Start of INFORMATION

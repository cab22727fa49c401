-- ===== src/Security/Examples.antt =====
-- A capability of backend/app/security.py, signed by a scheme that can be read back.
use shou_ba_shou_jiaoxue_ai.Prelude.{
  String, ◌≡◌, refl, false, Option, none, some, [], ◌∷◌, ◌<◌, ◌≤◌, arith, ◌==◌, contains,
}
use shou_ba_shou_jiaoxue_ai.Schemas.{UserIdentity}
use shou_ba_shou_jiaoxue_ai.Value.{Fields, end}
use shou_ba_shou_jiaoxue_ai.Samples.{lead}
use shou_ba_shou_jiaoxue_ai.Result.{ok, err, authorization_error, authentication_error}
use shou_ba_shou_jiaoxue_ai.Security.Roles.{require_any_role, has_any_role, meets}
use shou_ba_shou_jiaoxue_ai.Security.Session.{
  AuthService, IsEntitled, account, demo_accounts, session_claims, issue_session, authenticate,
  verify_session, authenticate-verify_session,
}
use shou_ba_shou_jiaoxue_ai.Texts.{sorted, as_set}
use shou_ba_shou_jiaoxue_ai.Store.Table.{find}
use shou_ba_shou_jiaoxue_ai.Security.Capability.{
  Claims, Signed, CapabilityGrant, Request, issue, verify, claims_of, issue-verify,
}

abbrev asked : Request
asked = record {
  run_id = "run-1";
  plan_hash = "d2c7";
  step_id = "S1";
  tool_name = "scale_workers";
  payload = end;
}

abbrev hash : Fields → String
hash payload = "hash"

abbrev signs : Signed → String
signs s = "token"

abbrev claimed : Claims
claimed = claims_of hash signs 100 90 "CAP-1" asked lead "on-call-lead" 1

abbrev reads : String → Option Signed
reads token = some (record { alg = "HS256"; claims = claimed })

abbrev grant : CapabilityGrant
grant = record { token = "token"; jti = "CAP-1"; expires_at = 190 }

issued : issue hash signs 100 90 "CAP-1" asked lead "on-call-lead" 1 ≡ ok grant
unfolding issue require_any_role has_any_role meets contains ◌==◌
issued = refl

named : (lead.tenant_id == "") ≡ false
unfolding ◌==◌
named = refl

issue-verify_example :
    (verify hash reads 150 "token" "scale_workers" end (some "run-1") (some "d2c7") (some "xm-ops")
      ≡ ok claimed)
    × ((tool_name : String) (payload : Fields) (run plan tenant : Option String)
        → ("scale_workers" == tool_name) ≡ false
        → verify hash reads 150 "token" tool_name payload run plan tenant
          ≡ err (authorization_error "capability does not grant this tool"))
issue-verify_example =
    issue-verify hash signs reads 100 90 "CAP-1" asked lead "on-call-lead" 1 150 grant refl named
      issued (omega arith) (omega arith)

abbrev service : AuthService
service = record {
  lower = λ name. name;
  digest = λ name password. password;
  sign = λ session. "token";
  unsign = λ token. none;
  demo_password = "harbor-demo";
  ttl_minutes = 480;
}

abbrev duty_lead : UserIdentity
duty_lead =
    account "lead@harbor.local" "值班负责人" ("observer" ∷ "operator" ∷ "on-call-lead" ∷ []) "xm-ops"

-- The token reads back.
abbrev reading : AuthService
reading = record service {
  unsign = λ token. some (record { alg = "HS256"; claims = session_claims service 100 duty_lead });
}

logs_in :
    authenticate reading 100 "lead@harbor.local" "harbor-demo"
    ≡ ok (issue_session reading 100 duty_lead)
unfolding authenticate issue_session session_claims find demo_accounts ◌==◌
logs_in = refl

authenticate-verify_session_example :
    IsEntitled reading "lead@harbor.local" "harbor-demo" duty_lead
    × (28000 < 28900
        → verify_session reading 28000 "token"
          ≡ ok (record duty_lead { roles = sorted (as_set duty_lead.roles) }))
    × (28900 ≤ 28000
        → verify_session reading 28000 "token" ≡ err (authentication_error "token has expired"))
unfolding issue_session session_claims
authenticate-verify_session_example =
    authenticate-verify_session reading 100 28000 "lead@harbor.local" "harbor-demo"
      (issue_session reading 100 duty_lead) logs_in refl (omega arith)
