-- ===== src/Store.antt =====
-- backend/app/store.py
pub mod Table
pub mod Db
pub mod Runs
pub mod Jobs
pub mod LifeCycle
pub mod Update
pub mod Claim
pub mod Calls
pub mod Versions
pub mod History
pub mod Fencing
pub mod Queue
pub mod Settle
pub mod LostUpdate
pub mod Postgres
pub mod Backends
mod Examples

End of INFORMATION

Repeat each record in full; every line must match exactly.

» **TASK SOLUTION**:
repository cab22727fa49c401
-- ===== src/Security/Examples.antt =====
-- A capability of backend/app/security.py, signed by a scheme that can be read back.
use shou_ba_shou_jiaoxue_ai.Prelude.{
  String, ◌≡◌, refl, false, Option, none, some, [], ◌∷◌, ◌<◌, ◌≤◌, arith, ◌==◌, contains,
}
use shou_ba_shou_jiaoxue_ai.Schemas.{UserIdentity}
use shou_ba_shou_jiaoxue_ai.Value.{Fields, end}
use shou_ba_shou_jiaoxue_ai.Samples.{lead}
use shou_ba_shou_jiaoxue_ai.Result.{ok, err, authorization_error, authentication_error}
use shou_ba_shou_jiaoxue_ai.Security.Roles.{require_any_role, has_any_role, meets}
use shou_ba_shou_jiaoxue_ai.Security.Session.{
  AuthService, IsEntitled, account, demo_accounts, session_claims, issue_session, authenticate,
  verify_session, authenticate-verify_session,
}
use shou_ba_shou_jiaoxue_ai.Texts.{sorted, as_set}
use shou_ba_shou_jiaoxue_ai.Store.Table.{find}
use shou_ba_shou_jiaoxue_ai.Security.Capability.{
  Claims, Signed, CapabilityGrant, Request, issue, verify, claims_of, issue-verify,
}

abbrev asked : Request
asked = record {
  run_id = "run-1";
  plan_hash = "d2c7";
  step_id = "S1";
  tool_name = "scale_workers";
  payload = end;
}

abbrev hash : Fields → String
hash payload = "hash"

abbrev signs : Signed → String
signs s = "token"

abbrev claimed : Claims
claimed = claims_of hash signs 100 90 "CAP-1" asked lead "on-call-lead" 1

abbrev reads : String → Option Signed
reads token = some (record { alg = "HS256"; claims = claimed })

abbrev grant : CapabilityGrant
grant = record { token = "token"; jti = "CAP-1"; expires_at = 190 }

issued : issue hash signs 100 90 "CAP-1" asked lead "on-call-lead" 1 ≡ ok grant
unfolding issue require_any_role has_any_role meets contains ◌==◌
issued = refl

named : (lead.tenant_id == "") ≡ false
unfolding ◌==◌
named = refl

issue-verify_example :
    (verify hash reads 150 "token" "scale_workers" end (some "run-1") (some "d2c7") (some "xm-ops")
      ≡ ok claimed)
    × ((tool_name : String) (payload : Fields) (run plan tenant : Option String)
        → ("scale_workers" == tool_name) ≡ false
        → verify hash reads 150 "token" tool_name payload run plan tenant
          ≡ err (authorization_error "capability does not grant this tool"))
issue-verify_example =
    issue-verify hash signs reads 100 90 "CAP-1" asked lead "on-call-lead" 1 150 grant refl named
      issued (omega arith) (omega arith)

abbrev service : AuthService
service = record {
  lower = λ name. name;
  digest = λ name password. password;
  sign = λ session. "token";
  unsign = λ token. none;
  demo_password = "harbor-demo";
  ttl_minutes = 480;
}

abbrev duty_lead : UserIdentity
duty_lead =
    account "lead@harbor.local" "值班负责人" ("observer" ∷ "operator" ∷ "on-call-lead" ∷ []) "xm-ops"

-- The token reads back.
abbrev reading : AuthService
reading = record service {
  unsign = λ token. some (record { alg = "HS256"; claims = session_claims service 100 duty_lead });
}

logs_in :
    authenticate reading 100 "lead@harbor.local" "harbor-demo"
    ≡ ok (issue_session reading 100 duty_lead)
unfolding authenticate issue_session session_claims find demo_accounts ◌==◌
logs_in = refl

authenticate-verify_session_example :
    IsEntitled reading "lead@harbor.local" "harbor-demo" duty_lead
    × (28000 < 28900
        → verify_session reading 28000 "token"
          ≡ ok (record duty_lead { roles = sorted (as_set duty_lead.roles) }))
    × (28900 ≤ 28000
        → verify_session reading 28000 "token" ≡ err (authentication_error "token has expired"))
unfolding issue_session session_claims
authenticate-verify_session_example =
    authenticate-verify_session reading 100 28000 "lead@harbor.local" "harbor-demo"
      (issue_session reading 100 duty_lead) logs_in refl (omega arith)
-- ===== src/Store.antt =====
-- backend/app/store.py
pub mod Table
pub mod Db
pub mod Runs
pub mod Jobs
pub mod LifeCycle
pub mod Update
pub mod Claim
pub mod Calls
pub mod Versions
pub mod History
pub mod Fencing
pub mod Queue
pub mod Settle
pub mod LostUpdate
pub mod Postgres
pub mod Backends
mod Examples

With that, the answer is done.